Margo and her husband Terry followed suit. Margo was one of Rowen’s older cousins. She and Terry were living with the rest of the family until they found a place of their own. Rowen couldn’t imagine anyone thought they would ever move out. Greensmith marriages almost never lasted that long. Something about the family seemed to just make men uncomfortable after a while.
“I haven’t seen you since the wedding,” said Margo, wrapping her tanned, stick thin arms around Rowen’s neck.
“It’s good to see you,” Terry added, standing behind his wife and offering only a friendly nod.
“It’s been a while,” Rowen agreed. Once separated from her cousins, she went straight for Grammy. Grammy was the only person here that she was truly eager to see. She had been like a mother to Rowen and her cousins. If there was a head of the Greensmith family, she was it.
“It’s about time,” Grammy scolded. She had never made it a secret that she disapproved of Rowen’s moving away. Still, she was smiling when she hugged her. “I’m glad you’re here. We all are.”
Rowen had never had a bedroom all her own in the Greensmith household. She had always shared with a cousin or two. For this visit, they set her up in the attic. There was a decent little bedroom up there, if you didn’t mind cobwebs and clutter.
Rowen put down her things and called her boss to check in. She was supposed to get to the scene ASAP, but the trip had been a long one. Rowen paid Ted some lip service about getting to work immediately. Instead, she just flopped down on her mattress and took a power nap.
#
Rowen awoke just before dinner time to the sound of Willow knocking on the door. “Mom’s here,” Willow said. “I know you need to talk to her for work.”
Was that how the family saw Rowen? The main reason Rowen wanted to see Nadine was that she was family, not for some story. Did they think that work was the only reason she was visiting? It was, though, wasn’t it? Nadine sighed. Without her boss forcing her here, she probably wouldn’t have come.
Feeling like scum, Rowen
headed downstairs. She gave Aunt Nadine a hug before sitting down to a dinner of Grammy’s stew. It was good, but Nadine didn’t eat much. She seemed in low spirits, despite everyone’s best efforts to cheer her up.
“I just don’t understand how this could have happened,” Aunt Nadine said with a sigh, poking her food around in her bowl. Her daughters were seated on either side of her.
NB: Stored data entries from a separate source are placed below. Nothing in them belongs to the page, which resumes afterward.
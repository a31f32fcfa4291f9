-- ===== src/Payment/Executor/Same.antt =====
-- Relations between the intents before and after an action of the executor, and the actions that
-- leave the intent alone.
use pactra.Base.{
  Text, Moment, ◌≡◌, refl, ◌∙◌, Bool, Option, none, some, Bool-cases, Option-cases, inl, inr,
}
use pactra.Domain.{ReasonCode, EventType, Payload, MissionState, Value}
use pactra.Action.{Action, ◌>>=◌}
use pactra.Action.Follows.{IsPreorder, Follows, follows_rules}
use pactra.Kernel.Capability.{CapabilitySet, Capability, enforce_registered}
use pactra.Kernel.Transaction.{Crypto}
use pactra.Kernel.Authorization.Rows.{Store}
use pactra.Payment.State.{PaymentIntentState, can_transition, assert_payment_transition}
use pactra.Payment.Rows.{PaymentIntentRow, OutboxEventType, ProviderPayment, PaymentProvider}
use pactra.Payment.Held
use pactra.Payment.Executor.Session.{
  ProviderCall, Session, hold, enqueue, reschedule, kernel, update_intent, update_event,
  record_call, append_event, complete_event, apply_mission_state, apply_payment_transition,
  verify_intent_authorization, validate_provider_route,
}
use pactra.Payment.Executor.Apply.{assign_once, validate_provider_payment}
use pactra.Payment.Executor.Dispatch.{already_terminal}

-- A relation between intents, as one between sessions.
pub record On (R : PaymentIntentRow → PaymentIntentRow → Type 0) (s t : Session) : Type 0 where
  pub rows : R s.intent t.intent

abbrev pub Same : Session → Session → Type 0
Same = On (λ i j. j ≡ i)

module _ {R : PaymentIntentRow → PaymentIntentRow → Type 0} (o : IsPreorder R) where
  pub On-IsPreorder : IsPreorder (On R)
  On-IsPreorder = record {
    reflexive = λ s. record { rows = o.reflexive s.intent };
    transitive =
        λ s t u p q. record { rows = o.transitive s.intent t.intent u.intent p.rows q.rows };
  }

  pub Same-On : {A : Type 0} (m : Action Session A) → Follows Same m → Follows (On R) m
  Same-On m k = record { at = λ s. record { rows = rw (k.at s).rows (o.reflexive s.intent) } }

  pub update_intent-On :
      (f : PaymentIntentRow → PaymentIntentRow)
      → ((i : PaymentIntentRow) → R i (f i))
      → Follows (On R) (update_intent f)
  unfolding update_intent hold Held.update_intent ◌>>=◌
  update_intent-On f h = record { at = λ s. record { rows = h s.intent } }

  pub apply_payment_transition-On :
      (target : PaymentIntentState) (e : EventType) (p : Payload) (reason : Option ReasonCode)
      → ((i : PaymentIntentRow) (r : Option ReasonCode)
          → R i (record i { state = target; last_reason_code = r }))
      → Follows (On R) (apply_payment_transition target e p reason)
  unfolding apply_payment_transition hold Held.apply_payment_transition Held.update_intent
      Held.append_event ◌>>=◌ assert_payment_transition
  apply_payment_transition-On target e p reason h = record {
    at = λ s. elim (Bool-cases (can_transition s.intent.state target)) [
      | inl permitted ↦ rw permitted (record { rows = h s.intent reason })
      | inr illegal ↦ rw illegal (record { rows = o.reflexive s.intent })
    ];
  }

  pub assign_once-On :
      (read : PaymentIntentRow → Option Text) (write : Text → PaymentIntentRow → PaymentIntentRow)
      (value : Option Text)
      → ((i : PaymentIntentRow) (v : Text) → R i (write v i))
      → Follows (On R) (assign_once read write value)
  unfolding assign_once ◌>>=◌ update_intent hold Held.update_intent
  assign_once-On read write none h = record { at = λ s. record { rows = o.reflexive s.intent } }
  assign_once-On read write (some v) h = record {
    at = λ s. elim (Option-cases (read s.intent)) [
      | inl absent ↦ rw absent (record { rows = h s.intent v })
      | inr (old, present) ↦ rw present (record { rows = o.reflexive s.intent })
    ];
  }

pub equal-IsPreorder : {A : Type 0} → IsPreorder (λ (i j : A). j ≡ i)
equal-IsPreorder = record { reflexive = λ i. refl; transitive = λ i j k p q. q ∙ p }

pub Same-IsPreorder : IsPreorder Same
Same-IsPreorder = On-IsPreorder equal-IsPreorder

pub kernel-Same : {A : Type 0} (m : Action Store A) → Follows Same (kernel m)
unfolding kernel
kernel-Same m = record { at = λ s. record { rows = refl } }

pub append_event-Same : (e : EventType) (p : Payload) → Follows Same (append_event e p)
unfolding append_event hold Held.append_event ◌>>=◌
append_event-Same e p = record { at = λ s. record { rows = refl } }

pub enqueue-Same : (t : OutboxEventType) (now : Moment) → Follows Same (enqueue t now)
unfolding enqueue
enqueue-Same t now = record { at = λ s. record { rows = refl } }

pub reschedule-Same : (detail : Value) (now : Moment) → Follows Same (reschedule detail now)
unfolding reschedule update_event ◌>>=◌
reschedule-Same detail now = record { at = λ s. record { rows = refl } }

pub complete_event-Same : (now : Moment) → Follows Same (complete_event now)
unfolding complete_event update_event
complete_event-Same now = record { at = λ s. record { rows = refl } }

pub apply_mission_state-Same : (t : MissionState) → Follows Same (apply_mission_state t)
unfolding apply_mission_state hold Held.apply_mission_state ◌>>=◌
apply_mission_state-Same t = record { at = λ s. record { rows = refl } }

pub record_call-Same : (call : ProviderCall) → Follows Same (record_call call)
unfolding record_call
record_call-Same call = record { at = λ s. record { rows = refl } }

pub ruleset same_rules = (
  follows_rules, Same-IsPreorder, kernel-Same, append_event-Same, enqueue-Same, reschedule-Same,
  complete_event-Same, apply_mission_state-Same, record_call-Same,
)

pub verify_intent_authorization-Same :
    (c : Crypto) (now : Moment) → Follows Same (verify_intent_authorization c now)
unfolding verify_intent_authorization
verify_intent_authorization-Same c now = search same_rules depth 12

pub validate_provider_route-Same : (p : PaymentProvider) → Follows Same (validate_provider_route p)
unfolding validate_provider_route
validate_provider_route-Same p = search same_rules

pub validate_provider_payment-Same :
    (b : Bool) (p : ProviderPayment) → Follows Same (validate_provider_payment b p)
unfolding validate_provider_payment
validate_provider_payment-Same b p = search same_rules

pub enforce_registered-Same :
    (caps : CapabilitySet) (k : Capability) → Follows Same (enforce_registered caps k)
unfolding enforce_registered
enforce_registered-Same caps k = search same_rules

pub already_terminal-Same : (now : Moment) → Follows Same (already_terminal now)
unfolding already_terminal
already_terminal-Same now = search same_rules depth 8

pub assert_payment_transition-Same :
    (s t : PaymentIntentState) → Follows Same (assert_payment_transition s t)
unfolding assert_payment_transition
assert_payment_transition-Same s t = search same_rules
They put hands on her shoulders, attempting to reassure her. “And I’m afraid they blame me. How could I have done anything of that? Why would I have?”
Aunt Lydia steepled her hands on the table, assuming a grim expression. “It’s because of what we are,” she said solemnly. “There no end to the persecution of witches. Not even in Lainswich.”
Rowen inwardly flinched at the word ‘witch’. Of all the things about her family that frustrated her, that was likely the part she had tried to distance herself from the most.
Grammy waved a hand at her daughter, annoyed. “Oh, hush. You know nothing of persecution - and I’m glad for that.” Grammy had grown up in a different time. According to her, their great grandmother had been taken by an angry mob and strung up on the old oak out back for being a witch. “They’re questioning Nadine because she’s the one that sold the trunk. They’ll question us all again before this is over. Just you wait.”
“So do they know who the body belonged to?” Rowen asked, trying to enter the conversation as carefully as possible.
Nadine shook her head. “If they do, they’re not telling me.”
“And it had the body in it before it was sold?” continued Rowen.
This time Nadine simply shrugged. “I wouldn’t have known. I could never get the dumb thing open.”
“So she thought she would make a quick buck selling it off to some poor rube,” Granny amended, irritable. She sighed. “Well, it’s over and done with now. All we can do is try to ride this thing out. We’ll get through it. Don’t you worry.”